Layer-wise Quantization for Quantized Optimistic Dual Averaging
This work addresses efficiency challenges in distributed training for deep learning, offering a domain-specific improvement for handling layer heterogeneity.
The paper tackles the problem of heterogeneous layers in deep neural networks by developing a layer-wise quantization framework with tight bounds and applying it to distributed variational inequalities, resulting in a novel Quantized Optimistic Dual Averaging algorithm that achieves up to a 150% speedup in training time for Wasserstein GAN on 12+ GPUs.

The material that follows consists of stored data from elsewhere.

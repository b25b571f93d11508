-- ===== src/Holonrpc/Client/Lives.antt =====
-- What a client is at every point of its life: connecting, reconnecting, losing its connection and
-- closing, of pkg/holonrpc/client.go, in any order.
pub mod Steps
pub mod Ends
pub mod Reconnect
pub mod Loops
use go_holons.Common.{
  ℕ, suc, ◌*◌, ◌^◌, ◌≤◌, ◌≡◌, ◌≢◌, refl, sym, ◌∙◌, Option, none, some, List, [], ◌∷◌, ◌++◌, Bool,
  true, false, not, ◌&&◌, ◌||◌, arith, All, is_some, if◌then◌else◌, if-cases, ◌==◌, ltb,
}
use go_holons.Common.Text.{Text, text, text_eq, is_empty, trim_space}
use go_holons.Common.Map.{insert, erase}
use go_holons.Holonrpc.Message.{Codec, Error, error_connection_closed}
use go_holons.Holonrpc.Server.State.{Handler}
use go_holons.Holonrpc.Client.Connection.{
  Client, Effect, Dialed, refused, dialed, Dialer, Attempt, stops, waits, retries, attempted,
  client_is_closed, connect_to, attach, connected, disable_reconnect, is_session, reattach,
  reconnect_base, dial_result, connect, open_session, settle_session, connect_with_reconnect,
  redial_result, reconnect_attempt, fail_all_pending, current_conn, on_disconnect, close, take_wake,
  register_handler, unregister_handler, new_client, wake, subprotocol,
}

-- While the client is open, its connection comes with its context and its cancel function; a
-- reconnect session comes with its wake and done channels; a closed client has neither.
pub record IsClient (s : Client) : Type 0 where
  pub canceling : s.closed ≡ false → is_some s.cancel ≡ is_some s.ws
  pub receiving : s.closed ≡ false → is_some s.rx_ctx ≡ is_some s.ws
  pub reading : s.closed ≡ false → is_some s.done ≡ is_some s.ws
  pub waking : is_some s.reconnect_wake ≡ is_some s.reconnect_ctx
  pub looping : is_some s.reconnect_done ≡ is_some s.reconnect_ctx
  pub shut : s.closed ≡ true → s.ws ≡ none
  pub disabled : s.closed ≡ true → s.reconnect_ctx ≡ none

-- What other goroutines do while a step waits keeps the client in order.
abbrev pub Keeps : Dialer → Type 0
Keeps d = (s : Client) → IsClient s → IsClient (d.meanwhile s)

-- The state that a step leaves is in order.
abbrev After : {A : Type 0} → A × Client × List Effect → Type 0
After r = IsClient r.1

pub new_client-IsClient : IsClient new_client
unfolding new_client
new_client-IsClient = record {
  canceling = λ _. refl;
  receiving = λ _. refl;
  reading = λ _. refl;
  waking = refl;
  looping = refl;
  shut = λ _. refl;
  disabled = λ _. refl;
}

connect_to-IsClient :
    (ws : ℕ) (s : Client) → s.closed ≡ false → IsClient s → IsClient (connect_to ws s)
connect_to-IsClient ws s serving v = record {
  canceling = λ _. refl;
  receiving = λ _. refl;
  reading = λ _. refl;
  waking = v.waking;
  looping = v.looping;
  shut = λ closed. cc;
  disabled = v.disabled;
}

attach-IsClient : (ws : ℕ) (s : Client) → IsClient s → IsClient (attach ws s).1
unfolding attach
attach-IsClient ws s v =
    if-cases (After {A = Option Error}) s.closed _ _ (λ _. v)
      (λ serving. connect_to-IsClient ws s serving v)

reattach-IsClient : (ws : ℕ) (s : Client) → IsClient s → IsClient (reattach ws s).1
unfolding reattach
reattach-IsClient ws s v =
    if-cases (After {A = Attempt}) s.closed _ _ (λ _. v)
      λ serving.
        if-cases (After {A = Attempt}) (is_some s.ws) _ _ (λ _. v)
          (λ _. connect_to-IsClient ws s serving v)

dial_result-IsClient :
    (d : Dialer) (r : Dialed) (s : Client) → IsClient s → IsClient (dial_result d r s).1
unfolding dial_result
dial_result-IsClient d (refused e) s v = v
dial_result-IsClient d (dialed ws protocol) s v =
    if-cases (After {A = Option Error}) (text_eq protocol subprotocol) _ _
      (λ _. attach-IsClient ws s v) (λ _. v)

redial_result-IsClient :
    (d : Dialer) (r : Dialed) (s : Client) → IsClient s → IsClient (redial_result d r s).1
unfolding redial_result
redial_result-IsClient d (refused e) s v = v
redial_result-IsClient d (dialed ws protocol) s v =
    if-cases (After {A = Attempt}) (text_eq protocol subprotocol) _ _
      (λ _. reattach-IsClient ws s v) (λ _. v)

pub connect-IsClient :
    (d : Dialer) (url : Text) (s : Client) → Keeps d → IsClient s → IsClient (connect d url s).1
unfolding connect
connect-IsClient d url s k v =
    if-cases (After {A = Option Error}) (is_empty (trim_space url)) _ _ (λ _. v)
      λ _.
        if-cases (After {A = Option Error}) s.closed _ _ (λ _. v)
          λ _.
            if-cases (After {A = Option Error}) (is_some s.ws) _ _ (λ _. v)
              λ _. dial_result-IsClient d (d.dial url) _ (k s v)

pub reconnect_attempt-IsClient :
    (d : Dialer) (s : Client) → Keeps d → IsClient s → IsClient (reconnect_attempt d s).1
unfolding reconnect_attempt
reconnect_attempt-IsClient d s k v =
    if-cases (After {A = Attempt}) s.closed _ _ (λ _. v)
      λ _.
        if-cases (After {A = Attempt}) (is_some s.ws) _ _ (λ _. v)
          λ _. redial_result-IsClient d (d.dial s.reconnect_url) _ (k s v)

pub disable_reconnect-IsClient :
    (n : ℕ) (s : Client) → IsClient s → IsClient (disable_reconnect n s).1
unfolding disable_reconnect
disable_reconnect-IsClient n s v =
    if-cases (After {A = Unit {0}}) (is_session n s.reconnect_done) _ _
      (λ _. record {
        canceling = v.canceling;
        receiving = v.receiving;
        reading = v.reading;
        waking = refl;
        looping = refl;
        shut = v.shut;
        disabled = λ _. refl;
      })
      (λ _. v)

settle_session-IsClient :
    (d : Dialer) (n : ℕ) (r : Option Error × Client × List Effect)
    → IsClient r.1
    → IsClient (settle_session d n r).1
unfolding settle_session
settle_session-IsClient d n (none, s, fx) v = v
settle_session-IsClient d n (some e, s, fx) v = disable_reconnect-IsClient n s v

open_session-IsClient :
    (d : Dialer) (url : Text) (s : Client)
    → s.closed ≡ false
    → IsClient s
    → IsClient (open_session d url s)
open_session-IsClient d url s serving v = record {
  canceling = v.canceling;
  receiving = v.receiving;
  reading = v.reading;
  waking = refl;
  looping = refl;
  shut = v.shut;
  disabled = λ closed. cc;
}

counted-IsClient : (n : ℕ) (s : Client) → IsClient s → IsClient (record s { sessions = n })
counted-IsClient n s v = record {
  canceling = v.canceling;
  receiving = v.receiving;
  reading = v.reading;
  waking = v.waking;
  looping = v.looping;
  shut = v.shut;
  disabled = v.disabled;
}

pub connect_with_reconnect-IsClient :
    (d : Dialer) (url : Text) (s : Client)
    → Keeps d
    → IsClient s
    → IsClient (connect_with_reconnect d url s).1
unfolding connect_with_reconnect
connect_with_reconnect-IsClient d url s k v =
    if-cases (After {A = Option Error}) (is_empty (trim_space url)) _ _ (λ _. v)
      λ _.
        if-cases (After {A = Option Error}) s.closed _ _ (λ _. counted-IsClient _ s v)
          λ serving.
            if-cases (After {A = Option Error}) (is_some s.ws || is_some s.reconnect_ctx) _ _
              (λ _. counted-IsClient _ s v)
              λ _.
                settle_session-IsClient d s.sessions _
                  (connect-IsClient d url _ k (open_session-IsClient d url s serving v))
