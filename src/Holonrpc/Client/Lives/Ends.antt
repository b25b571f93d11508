-- ===== src/Holonrpc/Client/Lives/Ends.antt =====
-- When a client is connected, and when it is closed: `Connect`, `Connected`, `Close`,
-- `currentConn`, an attempt of `reconnectLoop` and `reconnectDelay`, of pkg/holonrpc/client.go.
use go_holons.Common.{
  ℕ, zero, suc, ◌^◌, ◌≤◌, ◌≡◌, ◌≢◌, refl, ◌⊎◌, none, some, List, [], true, false, arith, if-cases,
}
use go_holons.Common.Text.{Text}
use go_holons.Holonrpc.Message.{Codec}
use go_holons.Holonrpc.Client.Connection.{
  Client, Effect, Dialer, stops, waits, client_is_closed, attach, connected, reattach,
  reconnect_base, dial_result, connect, redial_result, reconnect_attempt, fail_all_pending,
  current_conn, close,
}
use go_holons.Holonrpc.Client.Lives.{IsClient}

-- What other goroutines do while `Close` waits does not open the client again.
abbrev pub StaysClosed : Dialer → Type 0
StaysClosed d = (s : Client) → s.closed ≡ true → (d.meanwhile s).closed ≡ true

close-closed : (c : Codec) (d : Dialer) (s : Client) → StaysClosed d → (close c d s).1.closed ≡ true
unfolding close fail_all_pending
close-closed c d s k =
    if-cases (λ (r : Unit {0} × Client × List Effect). r.1.closed ≡ true) s.closed _ _
      (λ shut. shut) (λ _. k _ refl)

connect-closed :
    (d : Dialer) (url : Text) (s : Client)
    → s.closed ≡ true
    → ((connect d url s).0 ≢ none) × ((connect d url s).1 ≡ s)
unfolding connect
connect-closed d url s shut = ground (arith)

closed-final :
    (c : Codec) (later : Dialer) (url : Text) (s : Client)
    → s.closed ≡ true
    → (connected s ≡ false)
      × ((connect later url s).0 ≢ none)
      × ((connect later url s).1 ≡ s)
      × (current_conn c s ≡ (none, some client_is_closed))
      × (close c later s ≡ (tt, s, []))
unfolding connected current_conn close
closed-final c later url s shut = (
  ground (arith, shut),
  (connect-closed later url s shut).0,
  (connect-closed later url s shut).1,
  ground (arith, shut),
  ground (arith, shut),
)

-- `Close` is final: after it the client is not connected, `Connect` fails and changes nothing,
-- `currentConn`, with which `Invoke` starts, says that the client is closed, and `Close` does
-- nothing more.
pub close_client_final :
    (c : Codec) (d later : Dialer) (url : Text) (s : Client)
    → StaysClosed d
    → let s' = (close c d s).1 in
      (connected s' ≡ false)
      × ((connect later url s').0 ≢ none)
      × ((connect later url s').1 ≡ s')
      × (current_conn c s' ≡ (none, some client_is_closed))
      × (close c later s' ≡ (tt, s', []))
close_client_final c d later url s k =
    closed-final c later url (close c d s).1 (close-closed c d s k)

-- An open client in order is connected exactly where `currentConn` gives a connection.
pub current_conn-connected :
    (c : Codec) (s : Client)
    → IsClient s
    → ((connected s ≡ true) × (current_conn c s ≡ (s.ws, none)))
      ⊎ ((connected s ≡ false) × ((current_conn c s).0 ≡ none) × ((current_conn c s).1 ≢ none))
unfolding connected current_conn
current_conn-connected c s v = ground (arith, v.canceling, v.receiving)

-- Where `Connect` reports no error, the client is connected afterwards.
pub connect-connected :
    (d : Dialer) (url : Text) (s : Client)
    → (connect d url s).0 ≡ none
    → connected (connect d url s).1 ≡ true
unfolding connect dial_result attach connected
connect-connected d url s e = ground (arith, e)

-- The reconnect loop waits for the next disconnect only while the client is connected, and
-- returns only where it is closed.
pub reconnect_attempt-settles :
    (d : Dialer) (s : Client)
    → ((reconnect_attempt d s).0 ≡ waits → connected (reconnect_attempt d s).1 ≡ true)
      × ((reconnect_attempt d s).0 ≡ stops → (reconnect_attempt d s).1.closed ≡ true)
unfolding reconnect_attempt redial_result reattach connected
reconnect_attempt-settles d s = (ground arith, ground arith)

pow-pos : (n : ℕ) → 1 ≤ 2 ^ n
pow-pos zero = omega arith
pow-pos (suc n) = omega (arith, pow-pos n)

-- The delay before a reconnect is from half a second to thirty, before the jitter, and never
-- shrinks from one attempt to the next.
pub reconnect_base-bounds :
    (n : ℕ)
    → (500000000 ≤ reconnect_base n)
      × (reconnect_base n ≤ 30000000000)
      × (reconnect_base n ≤ reconnect_base (suc n))
unfolding reconnect_base
reconnect_base-bounds n = ground (arith, pow-pos n)
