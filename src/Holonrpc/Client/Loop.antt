-- ===== src/Holonrpc/Client/Loop.antt =====
-- `reconnectLoop` of pkg/holonrpc/client.go: the goroutine of a reconnect session, over what it
-- meets. The attempts of its inner loop are in Connection.
use go_holons.Common.{ℕ, zero, suc, List, [], ◌∷◌, ◌++◌, map, Bool, true, false}
use go_holons.Holonrpc.Client.Connection.{
  Client, Effect, Dialer, Attempt, stops, waits, retries, reconnect_base, reconnect_attempt,
  take_wake,
}

-- One attempt and the `select` after it: the network, whether the timer fires before the session's
-- context ends, and what other goroutines do meanwhile.
pub record Try : Type 0 where
  pub network : Dialer
  pub fires : Bool
  pub asleep : Client → Client

-- One turn of the outer loop: whether it is woken before the session's context ends, what other
-- goroutines do until then, and the attempts that follow.
pub record Turn : Type 0 where
  pub woken : Bool
  pub idle : Client → Client
  pub tries : List Try

-- Where the loop is: it has returned, it stands at the outer `select`, or before its next attempt.
pub data Place : Type 0 where
  returned idles searches : Place

-- What it did: to connections, the delays that it waited for, and the end of its own channel.
pub data Trace : Type 0 where
  does : Effect → Trace
  sleeps : ℕ → Trace
  closes_done : Trace

-- the deferred `close(done)`
abbrev pub return : Client → Place × Client × List Trace
return s = (returned, s, closes_done ∷ [])

abbrev pub did : List Trace → Place × Client × List Trace → Place × Client × List Trace
did fx r = (r.0, r.1, fx ++ r.2)

-- the `select` on the timer
abbrev pub after_sleep : Bool → Client → Place × Client × List Trace → Place × Client × List Trace
after_sleep true s rest = rest
after_sleep false s rest = return s

-- the end of an attempt of that number
abbrev pub after_attempt :
    ℕ → Try → Attempt → Client → Place × Client × List Trace → Place × Client × List Trace
after_attempt n t stops s rest = return s
after_attempt n t waits s rest = (idles, s, [])
after_attempt n t retries s rest =
    did (sleeps (reconnect_base n) ∷ []) (after_sleep t.fires (t.asleep s) rest)

-- the inner loop, from an attempt of that number on
unfoldable pub reconnect_all : ℕ → List Try → Client → Place × Client × List Trace
reconnect_all n [] s = (searches, s, [])
reconnect_all n (t ∷ ts) s =
    let (a, s', fx) = reconnect_attempt t.network s in
    let rest = reconnect_all (suc n) ts (t.asleep s') in
    did (map does fx) (after_attempt n t a s' rest)

-- the end of a search
abbrev pub after_search : Place → Client → Place × Client × List Trace → Place × Client × List Trace
after_search returned s rest = (returned, s, [])
after_search searches s rest = (searches, s, [])
after_search idles s rest = rest

abbrev pub after_wake : Bool → Client → Place × Client × List Trace → Place × Client × List Trace
after_wake false s rest = return s
after_wake true s rest = rest

-- `reconnectLoop`
unfoldable pub reconnect_loop : List Turn → Client → Place × Client × List Trace
unfolding reconnect_all
reconnect_loop [] s = (idles, s, [])
reconnect_loop (t ∷ ts) s =
    let (p, s', fx) = reconnect_all zero t.tries (take_wake (t.idle s)) in
    let rest = reconnect_loop ts s' in
    after_wake t.woken (t.idle s) (did fx (after_search p s' rest))
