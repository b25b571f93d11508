-- ===== src/Holonrpc/Client/Lives/Steps.antt =====
-- The steps of a client's life, in any order: pkg/holonrpc/client.go.
use go_holons.Common.{ℕ, ◌≡◌, some, List, [], ◌∷◌, true, false, is_some, if-cases}
use go_holons.Common.Text.{Text}
use go_holons.Holonrpc.Message.{Codec}
use go_holons.Holonrpc.Server.State.{Handler}
use go_holons.Holonrpc.Client.Connection.{
  Client, Effect, Dialer, connect, connect_with_reconnect, reconnect_attempt, disable_reconnect,
  on_disconnect, close, take_wake, register_handler, unregister_handler,
}
use go_holons.Holonrpc.Client.Lives.{IsClient, Keeps}

abbrev Left : Unit {0} × Client × List Effect → Type 0
Left r = IsClient r.1

quiet-IsClient :
    (s : Client)
    → is_some s.reconnect_wake ≡ true
    → IsClient s
    → IsClient (record s { reconnect_wake = some false })
quiet-IsClient s there v = record {
  canceling = v.canceling;
  receiving = v.receiving;
  reading = v.reading;
  waking = cc (there, v.waking);
  looping = v.looping;
  shut = v.shut;
  disabled = v.disabled;
}

pub take_wake-IsClient : (s : Client) → IsClient s → IsClient (take_wake s)
unfolding take_wake
take_wake-IsClient s v =
    if-cases IsClient (is_some s.reconnect_wake) _ _ (λ e. quiet-IsClient s e v) (λ _. v)

-- The steps: what a program calls, the end of a read loop, and what the reconnect loop does.
pub data Life : Type 0 where
  connects connects_with_reconnect : Dialer → Text → Life
  closes_client : Dialer → Life
  disconnects disables : ℕ → Life
  wakes : Life
  attempts : Dialer → Life
  registers : Text → Handler → Life
  unregisters : Text → Life

unfoldable pub live : Codec → Life → Client → Client
live c (connects d url) s = (connect d url s).1
live c (connects_with_reconnect d url) s = (connect_with_reconnect d url s).1
live c (closes_client d) s = (close c d s).1
live c (disconnects ws) s = (on_disconnect c ws s).1
live c (disables n) s = (disable_reconnect n s).1
live c wakes s = take_wake s
live c (attempts d) s = (reconnect_attempt d s).1
live c (registers method h) s = register_handler method h s
live c (unregisters method) s = unregister_handler method s

unfoldable pub live_all : Codec → List Life → Client → Client
unfolding live
live_all c [] s = s
live_all c (l ∷ ls) s = live_all c ls (live c l s)

-- What runs while a step waits keeps the client in order.
abbrev pub IsOrderly : Life → Type 0
IsOrderly (connects d url) = Keeps d
IsOrderly (connects_with_reconnect d url) = Keeps d
IsOrderly (closes_client d) = Keeps d
IsOrderly (attempts d) = Keeps d
IsOrderly _ = Unit {0}
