-- ===== src/Lib.antt =====
-- A verification library for rediska, a Redis server in Go (module github.com/vinayhpandya/rediska).
--
-- The program and its parts. A client's bytes are decoded as RESP values (core/resp.go) and parsed into
-- commands (commands/command.go). The loop of a connection (server/tcp_server.go) gives each command to
-- the transaction state of that connection (server/transaction.go), gathers plain commands into
-- pipelines, and sends requests to one dispatch worker. The worker looks a command's handler up
-- (commands/registry.go), checks in cluster mode that this node owns the slot of its keys
-- (commands/keyspecs.go, commands/route.go, cluster/), makes room in memory, runs the handler on the
-- store (store/), and appends a write to the append-only file. Counts of distinct values are
-- HyperLogLogs (store/hll/).
--
-- Which file models which part:
--   Common/*            numbers, bytes, lists, bits of words, int64 and its decimal text
--   Hll/Opcode          store/hll/hll_sparse.go, the opcodes of the sparse form
--   Hll/Sparse          store/hll/hll_sparse.go, walkSparse, sparseGet, sparseHisto, sparseSet
--   Hll/Dense           store/hll/hll.go, the packed registers of the dense form
--   Hll/Murmur          store/hll/murmur.go, and hllPatLen of store/hll/hll.go
--   Hll/Sketch          store/hll/hll.go, New, Add, Merge, promote and Count
--   Cluster/Slot        cluster/slot.go, CRC16 and KeyHashSlot
--   Cluster/Layout      cluster/config.go, Layout and Owner
--   Cluster/Parse       cluster/config.go, ParseLayout and parseRange
--   Store/Entry         core/sds/sds.go, and the entries of store/store.go with their size (store/lru.go)
--   Store/Lfu           store/lfu.go, and the clock of store/lru.go
--   Store/Keys          store/store.go, the Store, its map and its counters
--   Store/Contents      what a store holds, without clocks, capacities and counters, and what the
--                       writes of store/store.go do to it
--   Store/Strings       store/store.go, Set, Append, Get, GetInt, GetEncoding, GetFreq, TTL and Delete;
--                       store/expire.go, DeleteExpired
--   Store/Sketches      store/store.go, PFAdd, PFCount and PFMerge
--   Store/Eviction      store/lru.go, the eviction pool and PerformEvictions
--   Core/Encode         core/encode.go
--   Core/Decode         core/resp.go, Decode and what it calls; core/decode.go, DecodeInteger
--   Core/Frame          the replies that the encoders of core/encode.go build
--   Core/Aof            core/aof.go, Write and Recover
--   Commands/Command    commands/command.go and commands/keyspecs.go
--   Commands/Route      commands/route.go
--   Commands/Registry   commands/registry.go, with DispatchBatch and DispatchPipeline
--   Commands/Handlers   the handlers of commands/set.go, get.go, append.go, del.go, expire.go, ttl.go,
--                       incr.go, pfadd.go, pfcount.go, pfmerge.go, object.go, ping.go, info.go and
--                       debug.go, and _EXPIRY of commands/registry.go
--   Commands/ClusterCommand  commands/cluster.go
--   Commands/Table      the table of the handlers, as the init functions of commands/ fill it
--   Server/Transaction  server/transaction.go
--   Server/Worker       server/tcp_server.go, dispatchWorker
--   Server/Connection   server/tcp_server.go, the loop of handleConnection
--   Server/Stream       server/tcp_server.go, handleConnection on the bytes that a client sends
--   Server/Startup      server/tcp_server.go, replayAOFCommand, the start of Run, and one tick of
--                       startActiveExpiry
-- The functions have the names of the source in lower case. The modules under a component hold its
-- theorems; a module Tests runs a component on concrete inputs.
--
-- How code is modelled. A method takes the state and returns the new one beside its result. A panic is
-- the `none` of an Option. Words wrap: `% 2 ^ w` is written out, and int64 counters are words in two's
-- complement. A Go map is an association list. A pointer to a node is its position in the layout. Times
-- are nanoseconds since 1970, and expiry times that are zero are `none`.
--
-- Bounds and fuel. Reads and writes of slices are checked, so a theorem that says `some` also says that
-- no index is out of range. PerformEvictions runs on fuel of two rounds a key and two more, which is
-- enough: a round removes a key, or empties the pool, and then the next one removes a key. KeysOf runs
-- on fuel of one round an argument and two more. Decode runs on fuel of one level of nesting a byte and
-- one more; Recover and the loop of a connection on one round a byte and one more: each level and each
-- round takes a byte. A tick of the active expiry runs on fuel above the number of keys, since each
-- round but the last removes five keys or more. The decimal text of a number has 20 rounds, one for
-- each digit of a 64-bit number. Everything else is structural recursion.
--
-- Parameters. The arithmetic of float64 (record Float), rand.Float64, the time (a handler reads it
-- once), the order in which a map yields its keys, the capacity that the runtime gives to a slice that
-- must grow, what a write adds to the append-only file, net.SplitHostPort, the hash of nodeID, whether
-- the scanner of a layout file ends with an error, whether more bytes have come when reader.Buffered is
-- tested, and the texts of the errors of ParseCommand. The dispatch takes any table of handlers;
-- Commands/Table gives it that of the program. An allocation above 2^48 bytes panics, as on a 64-bit
-- system.
--
-- Not modelled. NewAOF, Sync, Close and LoadLayout, which only call the file system. The goroutines,
-- sockets, ticker, logs and the shutdown of server/tcp_server.go, the flags and signals of main.go and
-- config/config.go, which have no logic of their own, and the documents, scripts and dashboards. Upper
-- case, lower case and white space beyond ASCII. The scratch buffer of a Decoder is left out, as are
-- the line numbers in the errors of ParseLayout. The order among candidates of equal score, which
-- sort.Slice leaves open, is that of an insertion sort.
pub mod Common
pub mod Hll
pub mod Cluster
pub mod Store
pub mod Core
pub mod Commands
pub mod Server
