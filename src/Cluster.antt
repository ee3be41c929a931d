-- ===== src/Cluster.antt =====
-- Hash slots and the cluster layout (cluster/slot.go, cluster/config.go).
pub mod Slot
pub mod Layout
pub mod Parse
pub mod Tests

Modern deep neural networks exhibit heterogeneity across numerous layers of various types such as residuals, multi-head attention, etc., due to varying structures (dimensions, activation functions, etc.), distinct representation characteristics, which impact predictions. We develop a general layer-wise quantization framework with tight variance and code-length bounds, adapting to the heterogeneities over the course of training. We then apply a new layer-wise quantization technique within distributed variational inequalities (VIs), proposing a novel Quantized Optimistic Dual Averaging (QODA) algorithm with adaptive learning rates, which achieves competitive convergence rates for monotone VIs. We empirically show that QODA achieves up to a $150\%$ speedup over the baselines in end-to-end training time for training Wasserstein GAN on $12+$ GPUs.